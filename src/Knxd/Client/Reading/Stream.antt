-- ===== src/Knxd/Client/Reading/Stream.antt =====
-- `read_message` of src/knxd/knxd_client.cpp ends, and loses no byte of the stream.
use cometvisu_knxd_fcgi.Knxd.Client.Os.{Os, ReadCall}
use cometvisu_knxd_fcgi.Knxd.Client.Reading.{
  Received, make_room, read_result, read_some, read_message, try_extract_message, after_some,
}
use cometvisu_knxd_fcgi.Knxd.Message.Framing.{
  IsFrame, Extracts, message, incomplete, try_extract_message-Extracts,
}
use cometvisu_knxd_fcgi.Prelude.{
  ℕ, suc, ◌+◌, ◌≤◌, ◌<◌, ◌≡◌, refl, sym, ◌∙◌, Option, none, some, [], ◌++◌, arith, Bytes, length,
  length-append, append_assoc, zero, append-nil, subst,
}
use cometvisu_knxd_fcgi.Knxd.Message.{try_extract_message, uint16}

-- What one `read` of up to `n` bytes does to the bytes that were read from a descriptor so far: a
-- call that returns bytes returns at least one.
abbrev pub Reads : ℕ → Bytes → Bytes → ReadCall → Type 0
Reads n before after (ReadCall.got bytes) =
    (0 < length bytes) × (length bytes ≤ n) × (after ≡ before ++ bytes)
Reads n before after _ = after ≡ before

-- The first message of the buffer, or proof that there is none.
pub data Front (buffer : Bytes) : Type 0 where
  frame :
      (m rest : Bytes)
      → try_extract_message buffer ≡ (some m, rest)
      → buffer ≡ m ++ rest
      → IsFrame m
      → Front buffer
  none_yet : try_extract_message buffer ≡ (none, buffer) → length buffer < 65537 → Front buffer

short_buffer :
    (buffer : Bytes) → try_extract_message buffer ≡ (none, buffer) → length buffer < 65537
unfolding try_extract_message uint16
short_buffer buffer h = ground arith

Front-Extracts :
    (buffer : Bytes) (r : Option Bytes × Bytes)
    → try_extract_message buffer ≡ r
    → Extracts buffer r
    → Front buffer
Front-Extracts buffer r e (message m rest whole framed) = frame m rest e whole framed
Front-Extracts buffer r e (incomplete _) = none_yet e (short_buffer buffer e)

pub front : (buffer : Bytes) → Front buffer
front buffer =
    Front-Extracts buffer (try_extract_message buffer) refl (try_extract_message-Extracts buffer)

abbrev pub message_bytes : Option Bytes → Bytes
message_bytes none = []
message_bytes (some m) = m

pub make_room-small :
    (n : ℕ) (buffer : Bytes) → length buffer + n ≤ 1048576 → make_room n buffer ≡ buffer
unfolding make_room
make_room-small n buffer h = ground arith

module _ {W : Type 0} (os : Os W) (received : ℕ → W → Bytes) where
  -- `received fd` grows by what `read` returns.
  pub record ReadLaw : Type 0 where
    pub reads :
        (fd n : ℕ) (w : W)
        → (let (call, w') = os.read fd n w in Reads n (received fd w) (received fd w') call)

  -- The bytes that a call has read are behind those of the buffer, and both make up the message and
  -- the buffer that is left.
  pub record Streams (fd : ℕ) (buffer : Bytes) (w : W) (r : Received W) : Type 0 where
    pub new : Bytes
    pub read : received fd r.world ≡ received fd w ++ new
    pub kept : buffer ++ new ≡ message_bytes r.message ++ r.buffer
    pub framed : (m : Bytes) → r.message ≡ some m → IsFrame m

  pub Ends : ℕ → ℕ → Bytes → W → Type 0
  Ends fuel fd buffer w =
      (r : Received W) × (read_message os fuel fd buffer w ≡ some r) × Streams fd buffer w r

  read_step :
      (fuel fd : ℕ) (buffer : Bytes) (w : W) (call : ReadCall) (w' : W)
      → os.read fd 4096 w ≡ (call, w')
      → try_extract_message buffer ≡ (none, buffer)
      → read_message os (suc fuel) fd buffer w
        ≡ after_some os (read_message os fuel fd) (read_result call buffer, w')
  unfolding read_message read_some
  read_step fuel fd buffer w call w' e x = rw (read_message, x, read_some, e)

  -- A read without bytes ends the loop.
  no_bytes :
      (fuel fd : ℕ) (buffer : Bytes) (w w' : W)
      → read_message os (suc fuel) fd buffer w
        ≡ some (record { message = none; buffer = buffer; world = w' })
      → received fd w' ≡ received fd w
      → Ends (suc fuel) fd buffer w
  unfolding Ends
  no_bytes fuel fd buffer w w' done same = (
    record { message = none; buffer = buffer; world = w' },
    done,
    record {
      new = [];
      read = same ∙ sym (append-nil (received fd w));
      kept = append-nil buffer;
      framed = λ m h. absurd cc;
    },
  )

  after_read :
      (fuel fd : ℕ) (buffer : Bytes) (w : W) (call : ReadCall) (w' : W)
      → os.read fd 4096 w ≡ (call, w')
      → try_extract_message buffer ≡ (none, buffer)
      → length buffer < 65537
      → Reads 4096 (received fd w) (received fd w') call
      → ((more : Bytes) → length buffer < length more → Ends fuel fd more w')
      → Ends (suc fuel) fd buffer w
  unfolding read_result Ends
  after_read fuel fd buffer w (ReadCall.got bytes) w' e x l (some_bytes, few, grown) ih =
      let roomy = make_room-small (length bytes) buffer (omega arith) in
      let longer : length buffer < length (buffer ++ bytes) =
        omega (arith, length-append buffer bytes) in
      let (r, done, s) = ih (buffer ++ bytes) longer in
      (
        r,
        read_step fuel fd buffer w (ReadCall.got bytes) w' e x ∙ rw roomy done,
        record {
          new = bytes ++ s.new;
          read = s.read ∙ rw (grown, append_assoc);
          kept = sym (append_assoc buffer bytes s.new) ∙ s.kept;
          framed = s.framed;
        },
      )
  after_read fuel fd buffer w ReadCall.end_of_file w' e x l same ih =
      no_bytes fuel fd buffer w w' (read_step fuel fd buffer w ReadCall.end_of_file w' e x) same
  after_read fuel fd buffer w ReadCall.not_ready w' e x l same ih =
      no_bytes fuel fd buffer w w' (read_step fuel fd buffer w ReadCall.not_ready w' e x) same
  after_read fuel fd buffer w ReadCall.interrupted w' e x l same ih =
      no_bytes fuel fd buffer w w' (read_step fuel fd buffer w ReadCall.interrupted w' e x) same
  after_read fuel fd buffer w ReadCall.failed w' e x l same ih =
      no_bytes fuel fd buffer w w' (read_step fuel fd buffer w ReadCall.failed w' e x) same

  first_message :
      (fuel fd : ℕ) (buffer m rest : Bytes) (w : W)
      → try_extract_message buffer ≡ (some m, rest)
      → read_message os (suc fuel) fd buffer w
        ≡ some (record { message = some m; buffer = rest; world = w })
  unfolding read_message
  first_message fuel fd buffer m rest w e = rw (read_message, e)

  -- When `read` returns what is received, with a fuel that makes more than 65537 with the length of the
  -- buffer, `read_message` ends. The buffer and the bytes it read are then the message, if there is one,
  -- and the new buffer, in order; and the message is one whole frame.
  pub read_message-Ends :
      (fuel fd : ℕ) (buffer : Bytes) (w : W)
      → ReadLaw
      → 65537 < fuel + length buffer
      → 0 < fuel
      → Ends fuel fd buffer w
  unfolding Ends
  read_message-Ends zero fd buffer w law enough p = absurd (omega arith)
  read_message-Ends (suc fuel) fd buffer w law enough p = elim (front buffer) [
    | frame m rest e whole framed ↦ (
      record { message = some m; buffer = rest; world = w },
      first_message fuel fd buffer m rest w e,
      record {
        new = [];
        read = sym (append-nil (received fd w));
        kept = append-nil buffer ∙ whole;
        framed = λ n h. let same : m ≡ n = cc in subst IsFrame same framed;
      },
    )
    | none_yet x l ↦
        let (call, w') = os.read fd 4096 w in
        after_read fuel fd buffer w call w' refl x l (law.reads fd 4096 w)
          (λ more longer. read_message-Ends fuel fd more w' law (omega arith) (omega arith))
  ]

====

# [What the task asks]
Only the number is needed here: how many lines of the records contain "world"?

# [Response for this exercise]
5